E-Referral Platforms

E-referral platforms are electronic systems that hospitals and health systems use to send post-acute referrals to home health agencies, SNFs, and other providers, and to compare responses in real time. For agencies, they are both a referral firehose and a scoreboard: the same platform that delivers referrals also tracks how fast and how often the agency says yes.

How e-referral platforms work

A discharge planner builds a referral in the platform, attaches clinical documentation, and sends it to one or more agencies serving the patient's area, often several at once. Each agency sees the referral in its queue, reviews the packet, and responds: accept, decline, or request clarification. The planner then confirms the winning agency and the discharge plan proceeds. Platforms typically store agency profiles, service areas, and capabilities, and they log every timestamp. WellSky CarePort is the most widely used dedicated platform, and many health systems also route referrals through their EHR's own workflows, while a large share of referrals still arrives by fax and phone.

Why response time is decisive

Because broadcast referrals go to multiple agencies simultaneously, the first credible acceptance usually wins the patient. Discharge planners are clearing beds and will rarely wait hours for a preferred agency when another qualified agency has already said yes. The platforms make this competition measurable: health systems pull scorecards showing each agency's median response time, acceptance rate, and downstream performance, and network managers use those reports when they trim or build preferred provider lists. An unmonitored queue is invisible lost census; the referrals were there, and someone else took them.

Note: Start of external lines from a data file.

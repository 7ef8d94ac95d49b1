-- ===== src/Optimize/Rules.antt =====
-- backend/src/optimize.rs: the arms of `try_simplify`, and the identities on one operand twice.
-- A rule says by what the arm replaces the operation; `Fold` carries it out.
pub mod Sound
use tcg_rs.Base.{ℕ, Option, none, some, ◌==◌, if◌then◌else◌}
use tcg_rs.Opcode.{Opcode}
use tcg_rs.Temp.{TempIdx}

pub data Rule : Type 0 where
  to_mov : TempIdx → Rule
  to_const : ℕ → Rule
  to_neg : TempIdx → Rule

-- The arms where `b`, masked, is a constant; `a_idx` is the other operand.
unfoldable pub right_rule : Opcode → ℕ → ℕ → TempIdx → Option Rule
right_rule Opcode.add b ones x = if b == 0 then some (Rule.to_mov x) else none
right_rule Opcode.sub b ones x = if b == 0 then some (Rule.to_mov x) else none
right_rule Opcode.or b ones x =
    if b == 0 then some (Rule.to_mov x) else if b == ones then some (Rule.to_const ones) else none
right_rule Opcode.xor b ones x = if b == 0 then some (Rule.to_mov x) else none
right_rule Opcode.shl b ones x = if b == 0 then some (Rule.to_mov x) else none
right_rule Opcode.shr b ones x = if b == 0 then some (Rule.to_mov x) else none
right_rule Opcode.sar b ones x = if b == 0 then some (Rule.to_mov x) else none
right_rule Opcode.rot_l b ones x = if b == 0 then some (Rule.to_mov x) else none
right_rule Opcode.rot_r b ones x = if b == 0 then some (Rule.to_mov x) else none
right_rule Opcode.mul b ones x =
    if b == 0 then some (Rule.to_const 0) else if b == 1 then some (Rule.to_mov x) else none
right_rule Opcode.and b ones x =
    if b == 0 then some (Rule.to_const 0) else if b == ones then some (Rule.to_mov x) else none
right_rule Opcode.and_c b ones x = if b == ones then some (Rule.to_const 0) else none
right_rule _ b ones x = none

-- The arms where `a`, masked, is a constant; `b_idx` is the other operand.
unfoldable pub left_rule : Opcode → ℕ → ℕ → TempIdx → Option Rule
left_rule Opcode.add a ones x = if a == 0 then some (Rule.to_mov x) else none
left_rule Opcode.sub a ones x = if a == 0 then some (Rule.to_neg x) else none
left_rule Opcode.mul a ones x = if a == 0 then some (Rule.to_const 0) else none
left_rule Opcode.and a ones x = if a == 0 then some (Rule.to_const 0) else none
left_rule Opcode.or a ones x = if a == ones then some (Rule.to_const ones) else none
left_rule _ a ones x = none

-- x & x and x | x are x, x ^ x and x - x are 0.
unfoldable pub same_rule : Opcode → TempIdx → Option Rule
same_rule Opcode.and x = some (Rule.to_mov x)
same_rule Opcode.or x = some (Rule.to_mov x)
same_rule Opcode.xor x = some (Rule.to_const 0)
same_rule Opcode.sub x = some (Rule.to_const 0)
same_rule _ x = none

Running e-referral operations well

Treat the queue like a clinical alarm, not an inbox:

  • Staff continuous queue coverage during discharge hours, including evenings and weekends
  • Set an internal response-time standard and report against it weekly
  • Pull the full clinical packet into your EHR rather than rekeying fragments
  • Verify eligibility at response time so an accept does not become a non-admit
  • Keep platform profiles current: service areas, capabilities, and payers drive who even sees your agency

Track conversion by platform and by hospital to find where accepted referrals are quietly leaking.

Common pitfalls

The predictable failure modes: queues monitored only during business hours while hospitals discharge seven days a week; accepting referrals before checking eligibility or capacity, which converts platform wins into non-admits and damaged trust; letting platform profiles go stale so referrals route elsewhere; and treating each platform as its own island, with no consolidated view of referral volume, response time, and conversion across e-referral, fax, and phone channels. Agencies in multiple hospital markets often juggle several platforms at once, and the operational answer is one intake workflow that normalizes every channel into the same queue with the same clock.

Frequently asked questions

Do e-referral platforms replace liaisons?

No. Platforms move the transaction; liaisons move the relationship. A liaison cannot make a slow intake team win broadcast referrals, and a fast intake team still benefits from a liaison who gets the agency onto preferred lists and resolves problems face to face. The two work best when the liaison sells exactly what the platform scorecard proves.

How fast do hospitals expect agencies to respond?

Expectations have compressed to minutes or a few hours. Many health systems formally track response times and share scorecards with network committees. A useful internal standard is to respond within the hour during discharge hours, because in a broadcast model the referral is often awarded before slower agencies have opened the packet.

Do referrals still come by fax?

Yes, a substantial share of home health referrals still arrives by fax or phone, especially from physician practices and smaller facilities. Agencies need one intake process that handles e-referral platforms, fax, and phone with the same speed and the same data capture, rather than a fast lane for platforms and a slow lane for everything else.